身後的樓梯傳來腳步聲,時缺斜了眼看向着樓上走來的幾人,死之前他見過那些人,席措對於工作能力強的私生子都很好,除了給了姓氏外,還給了一些不錯的工作讓他們爲席家效力。
其實除了尤漠之外,席措對每一個孩子都不錯。
“尤漠?”走在最前頭的男人突然奇怪的叫了一聲,然後快步朝着時缺走了過去。
時缺懶懶的看着他,尤漠的身高可以讓他俯視很多人,這樣的視角讓他可以毫無壓力的面對那些意圖用氣勢壓倒他的人。
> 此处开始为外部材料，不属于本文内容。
-- ===== src/Proxy/Route.antt =====
-- The routes of proxy.go: a response, whose route server.go takes from the record of its request,
-- goes back by the proxies that the request went through.
use mathlib.Core.List.{reverse, reverse-cons}
use goat.Base.{
  append-nil, append_assoc, ◌≡◌, refl, sym, ◌∙◌, ap, true, Option, none, some, List, [], ◌∷◌, ◌++◌,
  last-append, init-append, length, length-append, ltb, arith, Bytes,
}
use goat.Rpc.{RequestHeader}
use goat.Chan.{Exec, done, ◌>>=◌}
use goat.Server.Unary.{return_route}
use goat.Proxy.{next_hop}

-- A route as it arrives: an empty list is not told from none.
abbrev pub sent_route : Option (List Bytes) → Option (List Bytes)
sent_route none = none
sent_route (some []) = none
sent_route (some (id ∷ ids)) = some (id ∷ ids)

-- What a transport does to a header that it serialises.
abbrev pub Serialises : (RequestHeader → RequestHeader) → Type 0
Serialises carry = (h : RequestHeader) → carry h ≡ record h { proxy_next = sent_route h.proxy_next }

module _ (carry : RequestHeader → RequestHeader) where
  -- A header that goes through some proxies, one after the other, whichever way: the destinations
  -- that they forward it to, and how it arrives.
  abbrev pub relay : List Bytes → RequestHeader → Exec (List Bytes × RequestHeader)
  relay [] h = done ([], h)
  relay (id ∷ ids) h =
      next_hop id h >>= λ hop. relay ids (carry hop.1) >>= λ out. done (hop.0 ∷ out.0, out.1)

abbrev recorded : Bytes → RequestHeader → RequestHeader
recorded id h = record h { proxy_record = h.proxy_record ++ id ∷ [] }

next_hop-none :
    (id : Bytes) (h : RequestHeader)
    → h.proxy_next ≡ none
    → next_hop id h ≡ done (h.destination, recorded id h)
unfolding next_hop
next_hop-none id h e =
    rw (e, next_hop) (ap (λ r. done (h.destination, record (recorded id h) { proxy_next = r })) e)

next_hop-some :
    (id : Bytes) (h : RequestHeader) (next_ : Bytes) (route : List Bytes)
    → h.proxy_next ≡ some (route ++ next_ ∷ [])
    → next_hop id h ≡ done (next_, record (recorded id h) { proxy_next = some route })
unfolding next_hop
next_hop-some id h next_ route e =
    rw (e, next_hop) (rw (last-append route next_) (rw (init-append route next_) refl))

sent_route-append :
    (ids : List Bytes) (id : Bytes) → sent_route (some (ids ++ id ∷ [])) ≡ some (ids ++ id ∷ [])
sent_route-append [] id = refl
sent_route-append (x ∷ ids) id = refl

return_route-append :
    (ids : List Bytes) (id : Bytes) → return_route (ids ++ id ∷ []) ≡ sent_route (some ids)
unfolding return_route
return_route-append [] id = refl
return_route-append (x ∷ ids) id =
    let long : ltb 1 (length (x ∷ ids ++ id ∷ [])) ≡ true =
      ground (arith, length-append ids (id ∷ [])) in
    rw long (rw (init-append (x ∷ ids) id) refl)

module _ (carry : RequestHeader → RequestHeader) (serialises : Serialises carry) where
  carry-none : (h : RequestHeader) → h.proxy_next ≡ none → carry h ≡ h
  carry-none h e = serialises h ∙ ap (λ r. record h { proxy_next = r }) (ap sent_route e ∙ sym e)

  -- A request without a route only gathers the record.
  relay_request :
      (ids : List Bytes) (h : RequestHeader)
      → h.proxy_next ≡ none
      → (destinations : List Bytes) × (relay carry ids h
          ≡ done (destinations, record h { proxy_record = h.proxy_record ++ ids }))
  relay_request [] h e =
      ([], ap (λ r. done ([], record h { proxy_record = r })) (sym (append-nil h.proxy_record)))
  relay_request (id ∷ ids) h e =
      let h' = recorded id h in
      let (destinations, same) = relay_request ids h' e in
      (
        h.destination ∷ destinations,
        rw (next_hop-none id h e) (
            rw (carry-none h' e) (
              rw same (
                ap (λ r. done (h.destination ∷ destinations, record h { proxy_record = r }))
                  (append_assoc h.proxy_record (id ∷ []) ids)))),
      )

  relay_response :
      (id : Bytes) (ids : List Bytes) (h : RequestHeader)
      → h.proxy_next ≡ sent_route (some (reverse ids))
      → (arrived : RequestHeader) × (relay carry (id ∷ ids) h
          ≡ done (ids ++ h.destination ∷ [], arrived))
  relay_response id [] h e = (carry (recorded id h), rw (next_hop-none id h e) refl)
  relay_response id (next_ ∷ ids) h e =
      let route : h.proxy_next ≡ some (reverse ids ++ next_ ∷ []) =
        e
        ∙ ap (λ r. sent_route (some r)) (reverse-cons next_ ids)
        ∙ sent_route-append (reverse ids) next_ in
      let h' = record (recorded id h) { proxy_next = some (reverse ids) } in
      let (arrived, same) =
        relay_response next_ ids (carry h') (ap (λ x. x.proxy_next) (serialises h')) in
      let to : (carry h').destination ≡ h.destination = ap (λ x. x.destination) (serialises h') in
      (arrived, rw (next_hop-some id h next_ (reverse ids) route) (rw same (rw to refl)))

  -- If the transports between proxies change nothing in a header but to send an empty route as none,
  -- and a request without a route and a record passes some proxies, then the response of a unary
  -- call or the reset of a stream, which takes its route from the record of the request and its
  -- destination from the source, is forwarded by each of these proxies, the last one first, to the
  -- one before it, and by the first one to the source.
  pub relay-return_route :
      (id : Bytes) (ids destinations : List Bytes) (request arrived response : RequestHeader)
      → request.proxy_next ≡ none
      → request.proxy_record ≡ []
      → relay carry (reverse (id ∷ ids)) request ≡ done (destinations, arrived)
      → response.destination ≡ arrived.source
      → response.proxy_next ≡ return_route arrived.proxy_record
      → (back : RequestHeader) × (relay carry (id ∷ ids) response
          ≡ done (ids ++ request.source ∷ [], back))
  relay-return_route id ids destinations request arrived response no_route no_record went to route =
      let (_, went') = relay_request (reverse (id ∷ ids)) request no_route in
      let same : arrived
          ≡ record request { proxy_record = request.proxy_record ++ reverse (id ∷ ids) } =
        cc in
      let gathered : arrived.proxy_record ≡ reverse ids ++ id ∷ [] =
        ap (λ x. x.proxy_record) same ∙ rw no_record (reverse-cons id ids) in
      let home : response.destination ≡ request.source = to ∙ ap (λ x. x.source) same in
      let (back, came) =
        relay_response id ids response
          (route ∙ ap return_route gathered ∙ return_route-append (reverse ids) id) in
      (back, rw (came, home) refl)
他稍微站直了一些,沒有再靠在牆上,脣角微微彎了彎,“幾位席先生怎麼都來了?”
當前的人名字叫席未,時缺勉強只記得這一個人的名字,另外兩個人只是眼熟而已。
席未笑着捶了捶時缺的肩膀,“出院之後身體恢復的怎麼樣了?”
除了席泱之外,尤漠和所有席家人的關係都不好,知道這一點,面前這個人故意討好的行爲看起來就變得十分滑稽。時缺漫不經心的點點頭,回答道:“還不錯。”
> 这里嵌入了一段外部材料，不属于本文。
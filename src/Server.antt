-- ===== src/Server.antt =====
-- The server's side of server.go and internal/server: registration and dispatch, unary calls, the
-- table of streams, and the server's end of one stream.
pub mod Transport
pub mod Registry
pub mod Unary
pub mod Streams
pub mod Stream
pub mod RunStream
pub mod Serve
pub mod Options
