-- ===== src/Server/Options.antt =====
-- The options of a server: ServerOption and NewServer in server.go, with the chains of chained.go as
-- options. Interceptors and stats handlers are the caller's.
pub mod Effect
use goat.Base.{Option, none, some, List, [], ◌∷◌, ◌++◌, Bytes}
use goat.Chained.{Handler, Interceptor, chain_interceptor, chain_stream_interceptor}

-- The types of the two kinds of interceptors: what a handler gets, the information on the method, and
-- what it returns.
pub record Kind : Type 1 where
  pub first : Type 0
  pub second : Type 0
  pub info : Type 0
  pub result : Type 0

abbrev pub InterceptorOf : Kind → Type 0
InterceptorOf k = Interceptor k.first k.second k.info k.result

abbrev pub HandlerOf : Kind → Type 0
HandlerOf k = Handler k.first k.second k.info k.result

module _ (U S : Kind) (H : Type 0) where
  pub record ServerSettings : Type 0 where
    pub id : Bytes
    pub unary_interceptor : Option (InterceptorOf U)
    pub stream_interceptor : Option (InterceptorOf S)
    pub stats_handlers : List H

  pub data ServerOption : Type 0 where
    unary_option : InterceptorOf U → ServerOption
    stream_option : InterceptorOf S → ServerOption
    stats_option : H → ServerOption
    chain_unary : List (InterceptorOf U) → ServerOption
    chain_stream : List (InterceptorOf S) → ServerOption

module _ {U S : Kind} {H : Type 0} where
  -- apply
  unfoldable pub apply_server : ServerOption U S H → ServerSettings U S H → ServerSettings U S H
  unfolding chain_interceptor chain_stream_interceptor
  apply_server (unary_option i) s = record s { unary_interceptor = some i }
  apply_server (stream_option i) s = record s { stream_interceptor = some i }
  apply_server (stats_option h) s = record s { stats_handlers = s.stats_handlers ++ h ∷ [] }
  apply_server (chain_unary is) s = record s {
    unary_interceptor = some (chain_interceptor U.first U.second U.info U.result is);
  }
  apply_server (chain_stream is) s = record s {
    stream_interceptor = some (chain_stream_interceptor S.first S.second S.info S.result is);
  }

  abbrev pub apply_servers : List (ServerOption U S H) → ServerSettings U S H → ServerSettings U S H
  apply_servers [] s = s
  apply_servers (o ∷ os) s = apply_servers os (apply_server o s)

  -- NewServer
  unfoldable pub configure_server : Bytes → List (ServerOption U S H) → ServerSettings U S H
  unfolding apply_server
  configure_server id opts =
      apply_servers opts (record {
        id = id;
        unary_interceptor = none;
        stream_interceptor = none;
        stats_handlers = [];
      })

-- The choice of runStream, and of the generated code for a unary call: the interceptor around the
-- handler, or the handler.
unfoldable pub intercept_with :
    {k : Kind} → Option (InterceptorOf k) → k.info → HandlerOf k → HandlerOf k
intercept_with none info handler a b = handler a b
intercept_with (some i) info handler a b = i a b info handler
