-- ===== src/Server/Options/Effect.antt =====
-- The interceptors and stats handlers of a server of server.go, against what its options ask for.
use goat.Base.{
  ◌≡◌, refl, sym, ◌∙◌, Option, none, some, List, [], ◌∷◌, ◌++◌, append_assoc, append-nil, Bytes,
}
use goat.Chan.{panicked}
use goat.Chained.{
  nested, chain_interceptor, chain_stream_interceptor, chain_interceptor-nested,
  chain_stream_interceptor-chain,
}
use goat.Server.Options.{
  Kind, InterceptorOf, HandlerOf, ServerSettings, ServerOption, unary_option, stream_option,
  stats_option, chain_unary, chain_stream, apply_server, apply_servers, configure_server,
  intercept_with,
}

-- Some interceptors, each around the next, and the last one around the handler.
abbrev pub expected :
    {k : Kind} → Option (List (InterceptorOf k)) → k.info → HandlerOf k → HandlerOf k
expected none info handler a b = handler a b
expected (some []) info handler a b = panicked
expected {k} (some (i ∷ is)) info handler a b =
    nested k.first k.second k.info k.result (i ∷ is) info handler a b

-- An interceptor does what a chain of some does.
abbrev pub Chains : {k : Kind} → Option (InterceptorOf k) → Option (List (InterceptorOf k)) → Type 0
Chains {k} i is =
    (info : k.info) (handler : HandlerOf k) (a : k.first) (b : k.second)
    → intercept_with i info handler a b ≡ expected is info handler a b

Chains-one : {k : Kind} (i : InterceptorOf k) → Chains (some i) (some (i ∷ []))
unfolding intercept_with
Chains-one i info handler a b = refl

Chains-none : {k : Kind} → Chains {k = k} none none
unfolding intercept_with
Chains-none info handler a b = refl

Chains-chain :
    {k : Kind} (is : List (InterceptorOf k))
    → Chains (some (chain_interceptor k.first k.second k.info k.result is)) (some is)
unfolding intercept_with
Chains-chain {k} [] info handler a b =
    chain_interceptor-nested k.first k.second k.info k.result [] a b info handler
Chains-chain {k} (i ∷ is) info handler a b =
    chain_interceptor-nested k.first k.second k.info k.result (i ∷ is) a b info handler

Chains-chain_stream :
    {k : Kind} (is : List (InterceptorOf k))
    → Chains (some (chain_stream_interceptor k.first k.second k.info k.result is)) (some is)
unfolding intercept_with
Chains-chain_stream {k} is info handler a b =
    chain_stream_interceptor-chain k.first k.second k.info k.result is a b info handler
    ∙ Chains-chain is info handler a b

module _ {U S : Kind} {H : Type 0} where
  -- The interceptors of the last option that sets some, and the stats handlers of all options.
  abbrev pub last_unary :
      Option (List (InterceptorOf U)) → List (ServerOption U S H) → Option (List (InterceptorOf U))
  last_unary is [] = is
  last_unary is (unary_option i ∷ os) = last_unary (some (i ∷ [])) os
  last_unary is (stream_option i ∷ os) = last_unary is os
  last_unary is (stats_option h ∷ os) = last_unary is os
  last_unary is (chain_unary js ∷ os) = last_unary (some js) os
  last_unary is (chain_stream js ∷ os) = last_unary is os

  abbrev pub last_stream :
      Option (List (InterceptorOf S)) → List (ServerOption U S H) → Option (List (InterceptorOf S))
  last_stream is [] = is
  last_stream is (unary_option i ∷ os) = last_stream is os
  last_stream is (stream_option i ∷ os) = last_stream (some (i ∷ [])) os
  last_stream is (stats_option h ∷ os) = last_stream is os
  last_stream is (chain_unary js ∷ os) = last_stream is os
  last_stream is (chain_stream js ∷ os) = last_stream (some js) os

  abbrev pub stats_of : List (ServerOption U S H) → List H
  stats_of [] = []
  stats_of (unary_option i ∷ os) = stats_of os
  stats_of (stream_option i ∷ os) = stats_of os
  stats_of (stats_option h ∷ os) = h ∷ stats_of os
  stats_of (chain_unary js ∷ os) = stats_of os
  stats_of (chain_stream js ∷ os) = stats_of os

  abbrev Effect :
      List (ServerOption U S H)
      → Option (List (InterceptorOf U))
      → Option (List (InterceptorOf S))
      → List H
      → ServerSettings U S H
      → Type 0
  Effect os u st hs s =
      Chains s.unary_interceptor (last_unary u os)
      × Chains s.stream_interceptor (last_stream st os)
      × (s.stats_handlers ≡ hs ++ stats_of os)

  apply_servers-Effect :
      (os : List (ServerOption U S H)) (u : Option (List (InterceptorOf U)))
      (st : Option (List (InterceptorOf S))) (s : ServerSettings U S H)
      → Chains s.unary_interceptor u
      → Chains s.stream_interceptor st
      → Effect os u st s.stats_handlers (apply_servers os s)
  unfolding apply_server
  apply_servers-Effect [] u st s a b = (a, b, sym (append-nil s.stats_handlers))
  apply_servers-Effect (unary_option i ∷ os) u st s a b =
      apply_servers-Effect os (some (i ∷ [])) st _ (Chains-one i) b
  apply_servers-Effect (stream_option i ∷ os) u st s a b =
      apply_servers-Effect os u (some (i ∷ [])) _ a (Chains-one i)
  apply_servers-Effect (chain_unary is ∷ os) u st s a b =
      apply_servers-Effect os (some is) st _ (Chains-chain is) b
  apply_servers-Effect (chain_stream is ∷ os) u st s a b =
      apply_servers-Effect os u (some is) _ a (Chains-chain_stream is)
  apply_servers-Effect (stats_option h ∷ os) u st s a b =
      let (a', b', hs) =
        apply_servers-Effect os u st (record s { stats_handlers = s.stats_handlers ++ h ∷ [] }) a
          b in
      (a', b', hs ∙ append_assoc s.stats_handlers (h ∷ []) (stats_of os))

  -- The interceptors of a new server, for unary calls and for streams, do what the last option of
  -- their kind asks for: a single one is called around the handler, the interceptors of a chain each
  -- around the next, an empty chain panics, and without such an option the handler is called. Its
  -- stats handlers are those of all options, in order.
  pub configure_server-Effect :
      (id : Bytes) (opts : List (ServerOption U S H))
      → let s = configure_server id opts in
        Chains s.unary_interceptor (last_unary none opts)
        × Chains s.stream_interceptor (last_stream none opts)
        × (s.stats_handlers ≡ stats_of opts)
  unfolding configure_server
  configure_server-Effect id opts =
      apply_servers-Effect opts none none
        (record {
          id = id;
          unary_interceptor = none;
          stream_interceptor = none;
          stats_handlers = [];
        })
        Chains-none Chains-none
“聽說席老爺這次準備讓你回席家了,你可算是熬出頭了,也算是因禍得福了啊。”席未看着時缺的眼神不明意味,話裡卻是慢慢的豔羨。
雖然給了姓氏,但是所有私生子都是不被允許喊席措父親的,除卻生疏的席老爺這個稱呼外,他們沒有其他選擇。
時缺慢慢摸了摸自己的肩,自從魏白時不時的喜歡偷襲他的肩膀外,他就非常厭惡別人觸碰他的肩膀。
不過表情還是淡淡的沒有表現出來任何厭惡。
“你們怎麼知道?”時缺不動聲色的朝後退了一步,“不過,如果知道這個消息的話,你們也應該知道我拒絕了。”
那天席措和他談論這件事的時候,除了不知道從哪裡偷聽的魏白外,應該沒有任何人知道這個消息。
席未的臉色變得有些不好,“你在開玩笑嗎?剛剛在樓下席老爺已經宣佈這件事了。”
時缺一愣,後知後覺的發現席措讓他上樓來找魏白的真正意圖——怒火不由得燒了起來,他從來都沒有想過要回席家的事情,更不想被席措這樣逼着回到席家的行列裡。
更不用說席措想要他回席家,也僅僅是因爲魏白親近他,所以纔想通過他來討好魏白而已。
一瞬之間,站在拐角的四個男人表情都不好了起來。
時缺氣得都快笑出來了,更別談原本席未一行人,他們本來就輕視尤漠這個不被席措承認的席家最底層的人,尤漠得到能回席家的准許讓他們嫉妒到眼睛都要燒紅了,結果尤漠居然表現出一副毫不知情被迫接受的姿態。
“你們這樣看着我也沒有用。”時缺冷冷的擡眼,“請你們把這種眼神收回去,看着我很不舒服。”
席未身後的一個人頓時炸了,直直的走到時缺面前抓住了他的衣領,“你什麼態度!只不過是父親突然之間憐憫你了而已,你在這裡裝什麼老大!”
時缺笑了笑,淡淡的語氣裡帶着輕蔑,“是啊,現在,我和你之間的差別,只不過是被正式接回席家的私生子和還在外的私生子而已——你這樣,不怕父親生氣嗎?”
那人一僵,站在他身後的席未連忙走上來把他的手掰了回去,時缺平靜的看着他們表現出來的嫉妒到表情都扭曲的模樣,突然有些想要發笑。
時家只有他和時離兩個子輩,這種相互之間傾軋的場景根本就沒有出現過。他也不知道看着和自己有血緣關係的人表露出這樣的醜態,居然會這麼可笑。
“尤漠,你……”
“哥,你怎麼還不下去?”席泱的聲音突然插-了進來。